The ASPIICS (Association of Spacecraft for Polarimetric and Imaging Investigation of the Corona of the Sun) coronagraph on ESA's technology mission PROBA-3 (PRoject for On-Board Autonomy) introduces a new generation of these instruments. PROBA-3 will demonstrate for the first time that a coronagraph distributed on two probes orbiting Earth can be operated in formation flight. While traditional coronagraphs block out the bright solar disk with a small occulter in the telescope's beam path to make the much darker solar corona visible, ASPIICS uses a free-flying, second space probe at a distance of 144 meters from the actual corona telescope on the main probe. In order for the main probe to remain exactly in the shadow of the occulter probe, it is necessary to precisely maintain the positions and orientations of the two probes during the flight: the relative position of the probes and their orientation to the Sun must not deviate from the nominal values by more than about one millimeter.

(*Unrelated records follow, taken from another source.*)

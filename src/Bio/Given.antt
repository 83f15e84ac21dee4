-- ===== src/Bio/Given.antt =====
-- What bget of bio.c makes of a list in which no block has two buffers.
use xv6_fork.Prelude.{
  ℕ, ◌<◌, ◌≡◌, ◌≢◌, refl, sym, ap, ◌∙◌, ◌⊎◌, inl, inr, arith, List, [], ◌∷◌, ◌++◌, In, Bool, true,
  some, length,
}
use mathlib.Core.Path.{subst}
use native.Mathlib.Decide.{ℕ_discrete}
use xv6_fork.Bio.{Cache, head, nbuf}
use xv6_fork.Bio.Ring.{Chain}
use xv6_fork.Bio.Moves.{IsRing}
use xv6_fork.Bio.Search.{is_for, IsFirstOf}
use xv6_fork.Bio.Buffers.{Spares, Hits, Recycles, reverse}

-- A block other than block 0 of device 0, which each buffer has until it is first taken.
abbrev pub IsReal : ℕ → ℕ → Type 0
IsReal dev blockno = (dev ≢ 0) ⊎ (blockno ≢ 0)

pub IsReal-same :
    (dev dev' blockno blockno' : ℕ)
    → dev' ≡ dev
    → blockno' ≡ blockno
    → IsReal dev' blockno'
    → IsReal dev blockno
IsReal-same dev dev' blockno blockno' e f (inl nz) = inl (λ z. nz (e ∙ z))
IsReal-same dev dev' blockno blockno' e f (inr nz) = inr (λ z. nz (f ∙ z))

pub record IsCache (s : Cache) (order : List ℕ) : Type 0 where
  pub ring : IsRing s order
  pub count : length order ≡ nbuf
  pub all : (b : ℕ) → b < nbuf → In b order
  pub unique :
      (b c : ℕ)
      → In b order
      → In c order
      → IsReal (s.dev b) (s.blockno b)
      → s.dev b ≡ s.dev c
      → s.blockno b ≡ s.blockno c
      → b ≡ c

-- What is in the list as well as in its reverse.
In-append : (b : ℕ) (xs ys : List ℕ) → In b (xs ++ ys) → In b xs ⊎ In b ys
In-append b [] ys i = inr i
In-append b (x ∷ xs) ys (inl e) = inl (inl e)
In-append b (x ∷ xs) ys (inr i) = elim (In-append b xs ys i) [ inl j ↦ inl (inr j) | inr j ↦ inr j ]

In-reverse : (b : ℕ) (xs : List ℕ) → In b (reverse xs) → In b xs
In-reverse b [] i = elim i [ ]
In-reverse b (x ∷ xs) i = elim (In-append b (reverse xs) (x ∷ []) i) [
  | inl j ↦ inr (In-reverse b xs j)
  | inr (inl e) ↦ inl e
  | inr (inr j) ↦ absurd j
]

In-middle : (b : ℕ) (xs ys : List ℕ) → In b (xs ++ b ∷ ys)
In-middle b [] ys = inl refl
In-middle b (x ∷ xs) ys = inr (In-middle b xs ys)

first-In : (test : ℕ → Bool) (xs : List ℕ) (b : ℕ) → IsFirstOf test xs (some b) → In b xs
first-In test xs b (ys, zs, e, found, before) = subst (In b) (sym e) (In-middle b ys zs)

is_for-fields :
    (dev blockno b : ℕ) (s : Cache)
    → is_for dev blockno s b ≡ true
    → (s.dev b ≡ dev) × (s.blockno b ≡ blockno)
is_for-fields dev blockno b s h = ground arith

fields-is_for :
    (dev blockno b : ℕ) (s : Cache)
    → s.dev b ≡ dev
    → s.blockno b ≡ blockno
    → is_for dev blockno s b ≡ true
fields-is_for dev blockno b s e f = ground arith

module _ (dev blockno b : ℕ) (s s' : Cache) (order : List ℕ) (h : IsCache s order)
    (sp : Spares s b s') where
  same-IsRing : IsRing s' order
  same-IsRing = record {
    chain =
        subst (λ n. Chain n s'.prev head order head) (sym sp.next)
          (subst (λ p. Chain s.next p head order head) (sym sp.prev) h.ring.chain);
    distinct = h.ring.distinct;
    headless = h.ring.headless;
  }

  pub hit-IsCache : Hits dev blockno s order b s' → IsCache s' order
  hit-IsCache hit = record {
    ring = same-IsRing;
    count = h.count;
    all = h.all;
    unique = λ x y ix iy nz ed eb.
        h.unique x y ix iy (IsReal-same _ _ _ _ (same_dev x) (same_blockno x) nz)
          (sym (same_dev x) ∙ ed ∙ same_dev y) (sym (same_blockno x) ∙ eb ∙ same_blockno y);
  }
    where
      found : (s.dev b ≡ dev) × (s.blockno b ≡ blockno)
      found = is_for-fields dev blockno b s hit.cached.3

      still : (s'.dev b ≡ dev) × (s'.blockno b ≡ blockno)
      still = is_for-fields dev blockno b s' hit.still

      same_dev : (c : ℕ) → s'.dev c ≡ s.dev c
      same_dev c = elim (ℕ_discrete c b) [
        | yes e ↦ ap s'.dev e ∙ still.0 ∙ sym found.0 ∙ sym (ap s.dev e)
        | no ne ↦ sp.dev c ne
      ]

      same_blockno : (c : ℕ) → s'.blockno c ≡ s.blockno c
      same_blockno c = elim (ℕ_discrete c b) [
        | yes e ↦ ap s'.blockno e ∙ still.1 ∙ sym found.1 ∙ sym (ap s.blockno e)
        | no ne ↦ sp.blockno c ne
      ]

  pub recycled-IsCache : Recycles dev blockno s order b s' → IsCache s' order
  recycled-IsCache r = record {
    ring = same-IsRing;
    count = h.count;
    all = h.all;
    unique = λ x y ix iy nz ed eb. elim (ℕ_discrete x b) [
      | yes ex ↦ elim (ℕ_discrete y b) [
        | yes ey ↦ ex ∙ sym ey
        | no ny ↦
            absurd
              (other y iy ny (sym ed ∙ ap s'.dev ex ∙ now.0) (sym eb ∙ ap s'.blockno ex ∙ now.1))
      ]
      | no nx ↦ elim (ℕ_discrete y b) [
        | yes ey ↦
            absurd (other x ix nx (ed ∙ ap s'.dev ey ∙ now.0) (eb ∙ ap s'.blockno ey ∙ now.1))
        | no ny ↦
            h.unique x y ix iy (IsReal-same _ _ _ _ (sp.dev x nx) (sp.blockno x nx) nz)
              (sym (sp.dev x nx) ∙ ed ∙ sp.dev y ny) (sym (sp.blockno x nx) ∙ eb ∙ sp.blockno y ny)
      ]
    ];
  }
    where
      now : (s'.dev b ≡ dev) × (s'.blockno b ≡ blockno)
      now = is_for-fields dev blockno b s' r.now_for

      -- Nobody else has the block.
      other : (c : ℕ) → In c order → c ≢ b → s'.dev c ≡ dev → s'.blockno c ≡ blockno → ⊥
      other c i ne e f =
          let was =
            fields-is_for dev blockno c s (sym (sp.dev c ne) ∙ e) (sym (sp.blockno c ne) ∙ f) in
          let none_there = r.missing c i in absurd (cc)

This configuration allows observations of the solar corona from three solar radii to almost the solar limb at 1.1 solar radii. The images will have a resolution of 2.8 arcseconds. The quality of the expected data will approach that of corona observations during a lunar eclipse - with the difference that ASPIICS will observe almost daily. In addition, ASPIICS is equipped with three polarizing filters and three spectral interference filters at wavelengths of 535-565 nanometers (yellow-red continuum) 530 nanometers (emission line of Fe XIV ion), and 588 nanometers (D3 line of He I).

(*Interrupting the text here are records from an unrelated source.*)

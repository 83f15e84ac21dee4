-- ===== src/Bio/Unique.antt =====
-- No block has two buffers in bio.c.
use xv6_fork.Prelude.{
  ℕ, zero, suc, ◌+◌, ◌<◌, ◌≡◌, refl, sym, ap, ◌∙◌, inl, inr, arith, List, [], ◌∷◌, ◌++◌, ◌==◌, In,
  Bool-cases, none, some, length, length-append, sub32,
}
use mathlib.Core.Path.{subst}
use native.Mathlib.Decide.{ℕ_discrete}
use xv6_fork.Bio.{Cache, nbuf, put, link, take_out, bget, brelse, binit, init_from}
use xv6_fork.Bio.Moves.{IsRing, downwards, binit-IsRing, brelse-IsRing}
use xv6_fork.Bio.Buffers.{Gets, bget-Gets}
use xv6_fork.Bio.Given.{IsReal, IsReal-same, IsCache, hit-IsCache, recycled-IsCache}

-- A call of bget that returns, and one of brelse of a buffer.
pub data Step (s : Cache) : Cache → Type 0 where
  gets : (dev blockno b : ℕ) {s' : Cache} → bget dev blockno s ≡ some (b, s') → Step s s'
  releases : (b : ℕ) → b < nbuf → Step s (brelse b s)

pub data Reach (s : Cache) : Cache → Type 0 where
  here : Reach s s
  next : {s' s'' : Cache} → Reach s s' → Step s' s'' → Reach s s''

In-split : (b : ℕ) (xs : List ℕ) → In b xs → (ys zs : List ℕ) × (xs ≡ ys ++ b ∷ zs)
In-split b [] i = absurd i
In-split b (x ∷ xs) (inl e) = ([], xs, ap (λ y. y ∷ xs) e)
In-split b (x ∷ xs) (inr i) = let (ys, zs, e) = In-split b xs i in (x ∷ ys, zs, ap (λ t. x ∷ t) e)

In-front : (c b : ℕ) (xs ys : List ℕ) → In c (xs ++ b ∷ ys) → In c (b ∷ (xs ++ ys))
In-front c b [] ys i = i
In-front c b (x ∷ xs) ys (inl e) = inr (inl e)
In-front c b (x ∷ xs) ys (inr i) = elim (In-front c b xs ys i) [
  | inl e ↦ inl e
  | inr j ↦ inr (inr j)
]

In-back : (c b : ℕ) (xs ys : List ℕ) → In c (b ∷ (xs ++ ys)) → In c (xs ++ b ∷ ys)
In-back c b [] ys i = i
In-back c b (x ∷ xs) ys (inl e) = inr (In-back c b xs ys (inl e))
In-back c b (x ∷ xs) ys (inr (inl e)) = inl e
In-back c b (x ∷ xs) ys (inr (inr i)) = inr (In-back c b xs ys (inr i))

brelse-fields :
    (b : ℕ) (s : Cache) → ((brelse b s).dev ≡ s.dev) × ((brelse b s).blockno ≡ s.blockno)
unfolding brelse link take_out
brelse-fields b s = elim (Bool-cases (put s.refcnt b (sub32 (s.refcnt b) 1) b == 0)) [
  | inl last ↦ rw last (refl, refl)
  | inr more ↦ rw more (refl, refl)
]

-- The cache with another order of the same buffers.
reordered-IsCache :
    (s s' : Cache) (order order' : List ℕ)
    → IsCache s order
    → IsRing s' order'
    → length order' ≡ length order
    → ((c : ℕ) → In c order → In c order')
    → ((c : ℕ) → In c order' → In c order)
    → s'.dev ≡ s.dev
    → s'.blockno ≡ s.blockno
    → IsCache s' order'
reordered-IsCache s s' order order' h ring count into back dev blockno = record {
  ring = ring;
  count = count ∙ h.count;
  all = λ b lt. into b (h.all b lt);
  unique = λ x y ix iy nz ed eb.
      h.unique x y (back x ix) (back y iy)
        (IsReal-same _ _ _ _ (ap (λ f. f x) dev) (ap (λ f. f x) blockno) nz)
        (sym (ap (λ f. f x) dev) ∙ ed ∙ ap (λ f. f y) dev)
        (sym (ap (λ f. f x) blockno) ∙ eb ∙ ap (λ f. f y) blockno);
}

brelse-IsCache :
    (b : ℕ) (s : Cache) (xs ys : List ℕ)
    → IsCache s (xs ++ b ∷ ys)
    → (order : List ℕ) × IsCache (brelse b s) order
brelse-IsCache b s xs ys h =
    let moved = brelse-IsRing b s xs ys h.ring in
    let fields = brelse-fields b s in
    elim (Bool-cases (sub32 (s.refcnt b) 1 == 0)) [
      | inl last ↦ (
        b ∷ (xs ++ ys),
        reordered-IsCache s (brelse b s) (xs ++ b ∷ ys) (b ∷ (xs ++ ys)) h (rw last at moved)
            (omega (arith, length-append xs ys, length-append xs (b ∷ ys)))
            (λ c. In-front c b xs ys) (λ c. In-back c b xs ys) fields.0 fields.1,
      )
      | inr more ↦ (
        xs ++ b ∷ ys,
        reordered-IsCache s (brelse b s) (xs ++ b ∷ ys) (xs ++ b ∷ ys) h (rw more at moved) refl
            (λ c i. i) (λ c i. i) fields.0 fields.1,
      )
    ]

some-eq : {p q : ℕ × Cache} → some p ≡ some q → p ≡ q
some-eq {p} e = ap (λ r. elim r [ none ↦ p | some z ↦ z ]) e

Step-IsCache :
    {s s' : Cache} (order : List ℕ)
    → IsCache s order
    → Step s s'
    → (order' : List ℕ) × IsCache s' order'
unfolding Gets
Step-IsCache {s} {s'} order h (gets dev blockno b e) =
    let g =
      subst (Gets dev blockno s order) e
        (bget-Gets dev blockno s order h.ring (omega (arith, h.count))) in
    elim g.1 [
      | inl hit ↦ (order, hit-IsCache dev blockno b s s' order h g.0 hit)
      | inr recycled ↦ (order, recycled-IsCache dev blockno b s s' order h g.0 recycled)
    ]
Step-IsCache {s} order h (releases b lt) =
    let (xs, ys, e) = In-split b order (h.all b lt) in
    brelse-IsCache b s xs ys (subst (IsCache s) e h)

In-downwards : (b n : ℕ) → b < n → In b (downwards n)
unfolding downwards
In-downwards b zero lt = absurd (omega arith)
In-downwards b (suc n) lt = elim (ℕ_discrete n b) [
  | yes e ↦ inl e
  | no ne ↦ inr (In-downwards b n (omega arith))
]

In-downwards_lt : (b n : ℕ) → In b (downwards n) → b < n
unfolding downwards
In-downwards_lt b zero i = elim i [ ]
In-downwards_lt b (suc n) (inl e) = omega arith
In-downwards_lt b (suc n) (inr i) = omega (arith, In-downwards_lt b n i)

length-downwards : (n : ℕ) → length (downwards n) ≡ n
unfolding downwards
length-downwards zero = refl
length-downwards (suc n) = ap suc (length-downwards n)

init_from-dev : (k b : ℕ) (s : Cache) → (init_from k b s).dev ≡ s.dev
unfolding init_from link
init_from-dev zero b s = refl
init_from-dev (suc k) b s = init_from-dev k (b + 1) (link b s)

init_from-blockno : (k b : ℕ) (s : Cache) → (init_from k b s).blockno ≡ s.blockno
unfolding init_from link
init_from-blockno zero b s = refl
init_from-blockno (suc k) b s = init_from-blockno k (b + 1) (link b s)

unreal : (dev blockno : ℕ) → dev ≡ 0 → blockno ≡ 0 → IsReal dev blockno → ⊥
unreal dev blockno e f (inl nz) = nz e
unreal dev blockno e f (inr nz) = nz f

binit-IsCache :
    (s : Cache)
    → ((b : ℕ) → b < nbuf → (s.dev b ≡ 0) × (s.blockno b ≡ 0))
    → IsCache (binit s) (downwards nbuf)
unfolding binit
binit-IsCache s zeroed = record {
  ring = binit-IsRing s;
  count = length-downwards nbuf;
  all = λ b lt. In-downwards b nbuf lt;
  unique = λ b c ib ic nz ed eb.
      let (no_dev, no_block) = zeroed b (In-downwards_lt b nbuf ib) in
      absurd (
        unreal _ _ (ap (λ f. f b) (init_from-dev nbuf 0 _) ∙ no_dev)
          (ap (λ f. f b) (init_from-blockno nbuf 0 _) ∙ no_block) nz);
}

Run-IsCache :
    {s s' : Cache} (order : List ℕ)
    → IsCache s order
    → Reach s s'
    → (order' : List ℕ) × IsCache s' order'
Run-IsCache order h here = (order, h)
Run-IsCache order h (next r step) =
    let (order', h') = Run-IsCache order h r in Step-IsCache order' h' step

-- From binit of memory that is zero, whatever calls of bget and of brelse are made, for whatever
-- devices: the list is a ring of all 30 buffers through both pointers, and no two buffers are for the
-- same block, unless it is block 0 of device 0. bget then returns the most recently used buffer that the
-- block has, with one more reference and its flags kept; or, if it has none, the least recently used
-- buffer without a reference that is clean, now for the block, neither valid nor dirty and with one
-- reference. It changes no other buffer, and panics only if the block has no buffer and each one has a
-- reference or is dirty.
pub Reach-IsCache :
    (s t : Cache)
    → ((b : ℕ) → b < nbuf → (s.dev b ≡ 0) × (s.blockno b ≡ 0))
    → Reach (binit s) t
    → (order : List ℕ) × IsCache t order
      × ((dev blockno : ℕ) → Gets dev blockno t order (bget dev blockno t))
Reach-IsCache s t zeroed r =
    let (order, h) = Run-IsCache (downwards nbuf) (binit-IsCache s zeroed) r in
    (order, h, λ dev blockno. bget-Gets dev blockno t order h.ring (omega (arith, h.count)))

The ASPIICS instrument was designed and is being built by the Centre Spatial de Liège under contract to ESA. A consortium led by the Royal Observatory of Belgium in Brussels is acting as scientific advisors. Currently, the mission is in the construction phase; the ASPIICS coronagraphic telescope is expected to be completed by the end of 2021 and the mission is scheduled to launch early 2023.
MPS is participating in the design and supplying of the complex software pipeline that will compute the highest quality coronal images for scientific analysis from the expected raw data.